WS, I really love how you did your water there. I actually shivered when i saw it. Looks cold. I am definately going to keep your method in mind when i start my layout. Clear caulking over Magic Water looks amazing.
I'm wondering though, is there a point to the drying time where you can work the Magic Water to create ripples? I'm thinking about small ripples like arouind someone wading in the water or a rowboat sitting moored to a peer or something like it.
I used Magic Water for all my streams with WS Water Effects to make the ripples. DJ.
there is a time when the magic water becomes thick enough to make ripples, but its difficult to predict. I pour multiple thin layers, usually 3-4. the above was done on a blue base with tinting of green, green yellow and green. the caulk was added to curing magic water after second or third layer. the ripples at head of river from caulk were dry brushed with iridescent white.
If I had to guess I would say after about 12-18 hrs you may try making ripples. It takes 24 hrs to setup. Think the water effects, caulk or an acrylic gloss medium would be better for ripples
You guys have some serious skill. I can't see my first layout looking that good, but i love details, so I'll be working on it. Thanks for sharing those pics. Water looks amazing. Makes me want to go fishing.
All the water simulation products have some creep factor, so it's a matter of using the correct techniques to limit and disguise it. WS has a great idea with the caulk as one way to limit creep, along with some other good tips from those who've already weighed in.
In general, it's best to experiment a little before doing that big pour for the harbor scene you've always wanted, Once you get a handle on how your stuff acts, then plan for disguising the edges that creep. Weeds and other vegetation or extra sand works well for various shorelines. Barnacles or pond scum can help with pilings just above the waterline.
Mike Lehman
Urbana, IL
The thing about water is that it moves. It's rare to see a real lake or stream where the area right next to the real water isn't also wet. I actually think the "creep" people are discussing simulates this rather well, and isn't objectionable unless it's severe.
For making ripples, though, I let my water product set completely, then go back and add ripples with acrylic gloss gel.
Connecticut Valley Railroad A Branch of the New York, New Haven, and Hartford
"If you think you can do a thing or think you can't do a thing, you're right." -- Henry Ford
CTValleyRR The thing about water is that it moves. It's rare to see a real lake or stream where the area right next to the real water isn't also wet. I actually think the "creep" people are discussing simulates this rather well, and isn't objectionable unless it's severe.

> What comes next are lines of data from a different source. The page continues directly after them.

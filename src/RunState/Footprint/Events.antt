-- ===== src/RunState/Footprint/Events.antt =====
-- The handlers of internal/runstate/apply.go against the footprints of their events.
use partitur.Prelude.{◌≡◌, arith, refl}
use partitur.Json.{Fields}
use partitur.RunState.Event.{Event, EventType}
use partitur.RunState.State.{State}
use partitur.RunState.Apply.{dispatch}
use partitur.RunState.Footprint.{Within}
use partitur.RunState.Types.{PendingPrepare}
use partitur.RunState.Action.{ok, ◌>>=◌}
use partitur.RunState.Handlers.Movement.{reject_gate}
use partitur.RunState.Handlers.Prepare.{require_prepared, require_head, commit_approval}
use partitur.RunState.Frame.{
  state-require_selection, state-require_artifact, state-require_change_set, state-require_request,
  state-require_routable, state-require_preparable, state-require_composition_source, bind-keeps,
  state-require_prepared, state-require_head, require_head_lem, take_head_lem, supersede_lem,
  close_approval_lem, state-require_succeeded, state-require_cancellation,
  close_all_pending_decisions_lem, refresh_waiting_human_lem, record_blocked_decision_sources_lem,
}

pub run_started-Within :
    (e : Event) (p : Fields) (s : State)
    → Within EventType.run_started s (dispatch EventType.run_started e p s).1
unfolding dispatch
run_started-Within e p s = ground arith

pub run_succeeded-Within :
    (e : Event) (p : Fields) (s : State)
    → Within EventType.run_succeeded s (dispatch EventType.run_succeeded e p s).1
unfolding dispatch
run_succeeded-Within e p s = grind (arith, close_all_pending_decisions_lem)

pub run_failed-Within :
    (e : Event) (p : Fields) (s : State)
    → Within EventType.run_failed s (dispatch EventType.run_failed e p s).1
unfolding dispatch
run_failed-Within e p s = grind (arith, close_all_pending_decisions_lem)

pub run_cancelled-Within :
    (e : Event) (p : Fields) (s : State)
    → Within EventType.run_cancelled s (dispatch EventType.run_cancelled e p s).1
unfolding dispatch
run_cancelled-Within e p s =
    grind (arith, state-require_cancellation, close_all_pending_decisions_lem)

commit_approval-Within :
    (e : Event) (p : Fields) (x : PendingPrepare) (s new t : State)
    → (require_head e p x s).0 ≡ ok new
    → Within EventType.amendment_approved s (commit_approval e p new t).1
unfolding commit_approval
commit_approval-Within e p x s new t h =
    grind (arith, require_head_lem e p x s new h, take_head_lem, supersede_lem, close_approval_lem)

pub amendment_approved-Within :
    (e : Event) (p : Fields) (s : State)
    → Within EventType.amendment_approved s (dispatch EventType.amendment_approved e p s).1
unfolding dispatch
amendment_approved-Within e p s =
    bind-keeps (require_prepared e p) (λ x. require_head e p x >>= commit_approval e p) s
      (Within EventType.amendment_approved s) (state-require_prepared e p s) refl
      (λ x _.
        bind-keeps (require_head e p x) (commit_approval e p) s
          (Within EventType.amendment_approved s) (state-require_head e p s x) refl
          (λ new h. commit_approval-Within e p x s new s h))

reject_gate_lem :
    (e : Event) (p : Fields) (s : State) → Within EventType.movement_failed s (reject_gate e p s).1
unfolding reject_gate
reject_gate_lem e p s = grind (arith, close_all_pending_decisions_lem)

pub movement_failed-Within :
    (e : Event) (p : Fields) (s : State)
    → Within EventType.movement_failed s (dispatch EventType.movement_failed e p s).1
unfolding dispatch
movement_failed-Within e p s = ground (arith, reject_gate_lem e p s)

pub movement_ready-Within :
    (e : Event) (p : Fields) (s : State)
    → Within EventType.movement_ready s (dispatch EventType.movement_ready e p s).1
unfolding dispatch
movement_ready-Within e p s = ground arith

pub movement_started-Within :
    (e : Event) (p : Fields) (s : State)
    → Within EventType.movement_started s (dispatch EventType.movement_started e p s).1
unfolding dispatch
movement_started-Within e p s = ground arith

pub movement_succeeded-Within :
    (e : Event) (p : Fields) (s : State)
    → Within EventType.movement_succeeded s (dispatch EventType.movement_succeeded e p s).1
unfolding dispatch
movement_succeeded-Within e p s = grind (
  arith, state-require_composition_source, bind-keeps, state-require_prepared, state-require_head,
  require_head_lem, take_head_lem, supersede_lem, close_approval_lem, state-require_succeeded,
  close_all_pending_decisions_lem,
)

pub performer_selected-Within :
    (e : Event) (p : Fields) (s : State)
    → Within EventType.performer_selected s (dispatch EventType.performer_selected e p s).1
unfolding dispatch
performer_selected-Within e p s = grind (arith, state-require_selection)

pub attempt_started-Within :
    (e : Event) (p : Fields) (s : State)
    → Within EventType.attempt_started s (dispatch EventType.attempt_started e p s).1
unfolding dispatch
attempt_started-Within e p s = ground arith

pub adapter_probed-Within :
    (e : Event) (p : Fields) (s : State)
    → Within EventType.adapter_probed s (dispatch EventType.adapter_probed e p s).1
unfolding dispatch
adapter_probed-Within e p s = ground arith

pub performer_completed-Within :
    (e : Event) (p : Fields) (s : State)
    → Within EventType.performer_completed s (dispatch EventType.performer_completed e p s).1
unfolding dispatch
performer_completed-Within e p s = ground arith

pub attempt_completed-Within :
    (e : Event) (p : Fields) (s : State)
    → Within EventType.attempt_completed s (dispatch EventType.attempt_completed e p s).1
unfolding dispatch
attempt_completed-Within e p s = ground arith

pub attempt_blocked-Within :
    (e : Event) (p : Fields) (s : State)
    → Within EventType.attempt_blocked s (dispatch EventType.attempt_blocked e p s).1
unfolding dispatch
attempt_blocked-Within e p s = grind (arith, record_blocked_decision_sources_lem)

pub attempt_failed-Within :
    (e : Event) (p : Fields) (s : State)
    → Within EventType.attempt_failed s (dispatch EventType.attempt_failed e p s).1
unfolding dispatch
attempt_failed-Within e p s = ground arith

pub artifact_recorded-Within :
    (e : Event) (p : Fields) (s : State)
    → Within EventType.artifact_recorded s (dispatch EventType.artifact_recorded e p s).1
unfolding dispatch
artifact_recorded-Within e p s = grind (arith, state-require_artifact)

pub change_set_recorded-Within :
    (e : Event) (p : Fields) (s : State)
    → Within EventType.change_set_recorded s (dispatch EventType.change_set_recorded e p s).1
unfolding dispatch
change_set_recorded-Within e p s = grind (arith, state-require_change_set)

pub verification_passed-Within :
    (e : Event) (p : Fields) (s : State)
    → Within EventType.verification_passed s (dispatch EventType.verification_passed e p s).1
unfolding dispatch
verification_passed-Within e p s = ground arith

pub application_candidate_recorded-Within :
    (e : Event) (p : Fields) (s : State)
    → Within EventType.application_candidate_recorded s
        (dispatch EventType.application_candidate_recorded e p s).1
unfolding dispatch
application_candidate_recorded-Within e p s = ground arith

pub acceptance_started-Within :
    (e : Event) (p : Fields) (s : State)
    → Within EventType.acceptance_started s (dispatch EventType.acceptance_started e p s).1
unfolding dispatch
acceptance_started-Within e p s = ground arith

pub criterion_started-Within :
    (e : Event) (p : Fields) (s : State)
    → Within EventType.criterion_started s (dispatch EventType.criterion_started e p s).1
unfolding dispatch
criterion_started-Within e p s = ground arith

pub criterion_completed-Within :
    (e : Event) (p : Fields) (s : State)
    → Within EventType.criterion_completed s (dispatch EventType.criterion_completed e p s).1
unfolding dispatch
criterion_completed-Within e p s = ground arith

pub acceptance_failed-Within :
    (e : Event) (p : Fields) (s : State)
    → Within EventType.acceptance_failed s (dispatch EventType.acceptance_failed e p s).1
unfolding dispatch
acceptance_failed-Within e p s = ground arith

pub acceptance_evaluation_completed-Within :
    (e : Event) (p : Fields) (s : State)
    → Within EventType.acceptance_evaluation_completed s
        (dispatch EventType.acceptance_evaluation_completed e p s).1
unfolding dispatch
acceptance_evaluation_completed-Within e p s = ground arith

pub decision_requested-Within :
    (e : Event) (p : Fields) (s : State)
    → Within EventType.decision_requested s (dispatch EventType.decision_requested e p s).1
unfolding dispatch
decision_requested-Within e p s = grind (arith, state-require_request, refresh_waiting_human_lem)

pub decision_resolved-Within :
    (e : Event) (p : Fields) (s : State)
    → Within EventType.decision_resolved s (dispatch EventType.decision_resolved e p s).1
unfolding dispatch
decision_resolved-Within e p s = grind (arith, refresh_waiting_human_lem)

pub amendment_rejected-Within :
    (e : Event) (p : Fields) (s : State)
    → Within EventType.amendment_rejected s (dispatch EventType.amendment_rejected e p s).1
unfolding dispatch
amendment_rejected-Within e p s = grind (arith, refresh_waiting_human_lem)

pub execution_started-Within :
    (e : Event) (p : Fields) (s : State)
    → Within EventType.execution_started s (dispatch EventType.execution_started e p s).1
unfolding dispatch
execution_started-Within e p s = ground arith

pub execution_stopped-Within :
    (e : Event) (p : Fields) (s : State)
    → Within EventType.execution_stopped s (dispatch EventType.execution_stopped e p s).1
unfolding dispatch
execution_stopped-Within e p s = ground arith

pub execution_elapsed_checkpointed-Within :
    (e : Event) (p : Fields) (s : State)
    → Within EventType.execution_elapsed_checkpointed s
        (dispatch EventType.execution_elapsed_checkpointed e p s).1
unfolding dispatch
execution_elapsed_checkpointed-Within e p s = ground arith

pub amendment_approval_prepared-Within :
    (e : Event) (p : Fields) (s : State)
    → Within EventType.amendment_approval_prepared s
        (dispatch EventType.amendment_approval_prepared e p s).1
unfolding dispatch
amendment_approval_prepared-Within e p s = grind (arith, state-require_preparable)

pub amendment_quiesce_observed-Within :
    (e : Event) (p : Fields) (s : State)
    → Within EventType.amendment_quiesce_observed s
        (dispatch EventType.amendment_quiesce_observed e p s).1
unfolding dispatch
amendment_quiesce_observed-Within e p s = ground arith

pub amendment_approval_abandoned-Within :
    (e : Event) (p : Fields) (s : State)
    → Within EventType.amendment_approval_abandoned s
        (dispatch EventType.amendment_approval_abandoned e p s).1
unfolding dispatch
amendment_approval_abandoned-Within e p s = ground arith

pub amendment_routed_human-Within :
    (e : Event) (p : Fields) (s : State)
    → Within EventType.amendment_routed_human s (dispatch EventType.amendment_routed_human e p s).1
unfolding dispatch
amendment_routed_human-Within e p s = grind (arith, state-require_routable)

pub amendment_human_rejected-Within :
    (e : Event) (p : Fields) (s : State)
    → Within EventType.amendment_human_rejected s
        (dispatch EventType.amendment_human_rejected e p s).1
unfolding dispatch
amendment_human_rejected-Within e p s = grind (arith, refresh_waiting_human_lem)

pub authority_granted-Within :
    (e : Event) (p : Fields) (s : State)
    → Within EventType.authority_granted s (dispatch EventType.authority_granted e p s).1
unfolding dispatch
authority_granted-Within e p s = ground arith

pub cancel_requested-Within :
    (e : Event) (p : Fields) (s : State)
    → Within EventType.cancel_requested s (dispatch EventType.cancel_requested e p s).1
unfolding dispatch
cancel_requested-Within e p s = ground arith

pub journal_tail_truncated-Within :
    (e : Event) (p : Fields) (s : State)
    → Within EventType.journal_tail_truncated s (dispatch EventType.journal_tail_truncated e p s).1
unfolding dispatch
journal_tail_truncated-Within e p s = ground arith

pub apply_started-Within :
    (e : Event) (p : Fields) (s : State)
    → Within EventType.apply_started s (dispatch EventType.apply_started e p s).1
unfolding dispatch
apply_started-Within e p s = ground arith

pub apply_completed-Within :
    (e : Event) (p : Fields) (s : State)
    → Within EventType.apply_completed s (dispatch EventType.apply_completed e p s).1
unfolding dispatch
apply_completed-Within e p s = ground arith

pub apply_failed-Within :
    (e : Event) (p : Fields) (s : State)
    → Within EventType.apply_failed s (dispatch EventType.apply_failed e p s).1
unfolding dispatch
apply_failed-Within e p s = ground arith

pub apply_recovery_required-Within :
    (e : Event) (p : Fields) (s : State)
    → Within EventType.apply_recovery_required s
        (dispatch EventType.apply_recovery_required e p s).1
unfolding dispatch
apply_recovery_required-Within e p s = ground arith

pub apply_recovery_resolved-Within :
    (e : Event) (p : Fields) (s : State)
    → Within EventType.apply_recovery_resolved s
        (dispatch EventType.apply_recovery_resolved e p s).1
unfolding dispatch
apply_recovery_resolved-Within e p s = ground arith

pub score_promotion_started-Within :
    (e : Event) (p : Fields) (s : State)
    → Within EventType.score_promotion_started s
        (dispatch EventType.score_promotion_started e p s).1
unfolding dispatch
score_promotion_started-Within e p s = ground arith

pub score_promoted-Within :
    (e : Event) (p : Fields) (s : State)
    → Within EventType.score_promoted s (dispatch EventType.score_promoted e p s).1
unfolding dispatch
score_promoted-Within e p s = ground arith

pub score_promotion_recovery_required-Within :
    (e : Event) (p : Fields) (s : State)
    → Within EventType.score_promotion_recovery_required s
        (dispatch EventType.score_promotion_recovery_required e p s).1
unfolding dispatch
score_promotion_recovery_required-Within e p s = ground arith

SNIP
SNIP
CT,
Exactly my point in suggesting people experiment with what they're working with. In some cases it actually works in your favor. The issue is when you get "creep" when you don't want "creep," so keeping it where you want it does take some experience if you haven't worked with a technique or product before.
The polyester casting resin I use is one of the big offenders, as it's so thin when laid down it likes to wick upward easily. Some other materials are easier to manage in places where creep is an issue.
Patience and multiple thin layers do the trick. Before putting it into your layout, try a test run by building a small diorama. When building that also test build some elements you might want to highlight along your waterway layout scene such as docks, riverside structures, etc. You can always sell the diorama scene online if for a few bucks, get paid for your test runs.
SPtrain-nut You can always sell the diorama scene online if for a few bucks, get paid for your test runs.
It amazes me what some people will buy.